I always wanted a big family...six kids was my dream. My husband wanted two, so I guess we've met in the middle. I would look at large families out and about and think that it must be very exciting to always have people around you, you'd never be lonely! In my mind, it was a serene place where everyone worked together, their houses were always clean, their children never misbehaved, they got everything on their 'to do' list accomplished everyday, and still managed to solve all of the problems of life by a ten p.m. bedtime. Now, either I've failed somewhere or my ideals were slightly (or majorly) skewed. Life as we know it has thrown us major curves that can't be cleared up by ten p.m. and we have days, most days in fact, when the children don't work at all let alone together to get things done.
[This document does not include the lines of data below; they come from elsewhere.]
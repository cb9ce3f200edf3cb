-- ===== src/Metrics/Tests.antt =====
-- Runs of metrics.rs, and its properties at concrete histories.
use mathlib.Core.List.Perm
use prismproxy.Prelude.{◌-◌, ◌^◌, ◌≡◌, refl, true, false, List, [], ◌∷◌}
use prismproxy.Metrics.{new, perform, record_request}
use prismproxy.Metrics.History.{Sample, summary}
use prismproxy.Metrics.Interleaving.{all_updates, interleaving-summary}

-- A 404, a request that a plugin blocked, and a 200; the newest first.
abbrev three : List Sample
three =
    record { status = 404; elapsed_ms = 7; was_blocked = false }
    ∷ record { status = 403; elapsed_ms = 2; was_blocked = true }
    ∷ record { status = 200; elapsed_ms = 12; was_blocked = false }
    ∷ []

record_wraps :
    record_request 302 5 false (record new { response_time_ms_total = 2 ^ 64 - 1 })
    ≡ record new { requests_total = 1; response_time_ms_total = 4 }
unfolding record_request
record_wraps = refl

interleaving-summary_example : perform (all_updates three) new ≡ summary three
interleaving-summary_example = interleaving-summary three (all_updates three) (Perm.refl _)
Some days the only things we accomplish are actually getting out of bed and standing up. The point I make is basically this, our ideals can often times lead to a feeling of dissatisfaction with our lives. We believe that even though we're doing our best, we're somehow failing. It's the 'grass is greener on the other side' mind set, someone else's life is better than ours.
Last night I was going over the events of the last year - for those who don't know, our daughter has undergone two open heart surgeries and still has one other in her future. I was rehearsing the ideals I'd had for our family - CHD did not fit in, we didn't have time for it - life as we knew it changed forever. Things no longer fit in my original ideals of everything being perfect. We had to determine to enjoy life in the midst of the PICU, in the midst of Elizabeth's sickness, in the less than ideal circumstances we were forced to face. When the ideal of a clean house keeps us from enjoying the family God has given us to enjoy, then it actually becomes an idol, not an ideal. When the children are held to such a high standard that they can't be kids, then our ideals for them have become idols...when our children themselves become the focus of our lives, or the sickness becomes the focus, or the finances become the focus, then we have to realize that our ideals have become idols....
The perfect life doesn't come from these things, the perfect life comes when we're submitted to God and all the other things He calls into place - even if it doesn't fit our plans - because we know that He knows what's best for us.
So this morning when the Little People were all over the floor, and water was all over the bathroom vanity, I thanked God for the family He's given me and asked Him to give me joy even when I'm cleaning up after them. After all, I may not have been as richly blessed as I am.